Günümüzde halen daha egzersiz ve kanser oluşumu arasında direkt bir ilişki
kurulamamıştır.


AİDS

Aids sporcularda yorgunluğa neden olup vücut direncini
azaltabileceği endişesiyle spor yapmalarının sakıncalı olacağı
düşünülmüştür. Ancak, daha sonra bu görüşte farklılıklar meydana
gelmiş ve sporun yararlı olacağı kanısına varılmıştır.
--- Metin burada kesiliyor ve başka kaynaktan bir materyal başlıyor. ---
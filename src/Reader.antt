-- ===== src/Reader.antt =====
-- bridgewire/reader.py, and the record builder of bridgewire/simulation.py. A `bytes` is a list of
-- numbers below 256, and a `str` whose characters are inspected is its list of code points.
pub mod Simulated
pub mod Record
pub mod Stream
pub mod Discovery
pub mod Backoff
pub mod Supervisor
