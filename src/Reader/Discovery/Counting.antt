-- ===== src/Reader/Discovery/Counting.antt =====
-- What `discover_reader` decides, by the number of devices that match.
use frontdoor.Prelude.{
  ℕ, ◌+◌, ◌≤◌, ◌≡◌, refl, Bool, true, some, List, [], ◌∷◌, ◌++◌, arith, keep, count,
  count-le-length, length, sym, ap, ◌∙◌, ◌↔◌, cons-injective, Bool-cases, inl, inr,
}
use frontdoor.Reader.Discovery.{
  ReaderIdentity, SerialDevice, DiscoveryResult, found, not_found, ambiguous, matches, matching,
  discovery_of, discover_reader,
}

length-keep {ℓ} : {A : Type ℓ} (p : A → Bool) (xs : List A) → length (keep p xs) ≡ count p xs
length-keep p [] = refl
length-keep p (x ∷ xs) = ground (arith, length-keep p xs)

-- A list of which one item passes a test, taken apart at that item.
pub record Only {ℓ} {A : Type ℓ} (p : A → Bool) (xs : List A) (x : A) : Type ℓ where
  before : List A
  after : List A
  whole : xs ≡ before ++ x ∷ after
  passes : p x ≡ true
  none_before : count p before ≡ 0
  none_after : count p after ≡ 0

only {ℓ} : {A : Type ℓ} (p : A → Bool) (xs : List A) (x : A) → keep p xs ≡ x ∷ [] → Only p xs x
only p [] x h = absurd (cc)
only p (y ∷ ys) x h = elim (Bool-cases (p y)) [
  | inl passes ↦
      let (head, tail) = cons-injective (rw passes at h) in
      record {
        before = [];
        after = ys;
        whole = ap (λ z. z ∷ ys) head;
        passes = rw (← head) passes;
        none_before = refl;
        none_after = sym (length-keep p ys) ∙ ap length tail;
      }
  | inr fails ↦
      let rest = only p ys x (rw fails at h) in
      record {
        before = y ∷ rest.before;
        after = rest.after;
        whole = ap (◌∷◌ y) rest.whole;
        passes = rest.passes;
        none_before = rw fails rest.none_before;
        none_after = rest.none_after;
      }
]

-- How many devices match.
abbrev pub candidates : List SerialDevice → ReaderIdentity → ℕ
candidates devices identity = count (λ device. matches device identity) devices

-- The result against the number of devices that match.
abbrev pub IsByCount : DiscoveryResult → ℕ → ℕ → Type 0
IsByCount result matched total =
    ((result.status ≡ not_found) ↔ (matched ≡ 0))
    × ((result.status ≡ found) ↔ (matched ≡ 1))
    × ((result.status ≡ ambiguous) ↔ (2 ≤ matched))
    × (result.unrelated_count + matched ≡ total)

discovery_of-IsByCount :
    (total : ℕ) (ms : List SerialDevice)
    → length ms ≤ total
    → IsByCount (discovery_of total ms) (length ms) total
discovery_of-IsByCount total [] h = ground arith
discovery_of-IsByCount total (d ∷ []) h = ground arith
discovery_of-IsByCount total (d ∷ e ∷ ds) h = ground arith

one_device :
    (total : ℕ) (ms : List SerialDevice) (d : SerialDevice)
    → (discovery_of total ms).device ≡ some d
    → ms ≡ d ∷ []
one_device total [] d h = cc
one_device total (e ∷ []) d h = cc
one_device total (e ∷ f ∷ ms) d h = cc

module _ (devices : List SerialDevice) (identity : ReaderIdentity) where
  -- The reader is found if one device matches, not found if none does, and ambiguous if several do;
  -- every device that does not match is counted as unrelated.
  pub discover_reader-candidates :
      IsByCount (discover_reader devices identity) (candidates devices identity) (length devices)
  unfolding discover_reader
  discover_reader-candidates =
      let p = λ (d : SerialDevice). matches d identity in
      rw (← length-keep p devices) (
        discovery_of-IsByCount (length devices) (matching devices identity)
          (omega (arith, length-keep p devices, count-le-length p devices)))

  -- A device is returned only if it is the one that matches.
  discover_reader-Only :
      (device : SerialDevice)
      → (discover_reader devices identity).device ≡ some device
      → Only (λ d. matches d identity) devices device
  unfolding discover_reader
  discover_reader-Only device h =
      only (λ d. matches d identity) devices device
        (one_device (length devices) (matching devices identity) device h)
Bu düşünceden
yola çıkarak Magic Johnson 1992 de Barcelona Olimpiyat Oyunlarına
katılmış ve çok iyi bir performans göstererek takımının altın madalya
kazanmasında büyük rol oynamıştır.

Ancak AIDS virüsü(HIV) taşıyan kişilerin spor yapması konusunda,
sağlıklı kişiler açısından bazı tereddütlü durumlar ortaya
çıkabilmektedir.

Spor karşılaşmalarında HIV geçişi mümkün olabilmektedir. Güreş ve
futbol gibi cilt sıyrıklarının sık olduğu spor dallarında, HIV geçişi
teorik olarak mümkünse de, henüz böyle bir geçiş bildirilmemiştir.
Sadece bir tane, futbolcuların çarpışması ile ilgili olası bir HIV geçişi
bildirilmiştir. Ancak İtalya’ya ait bu olay dökümante edilmemiştir.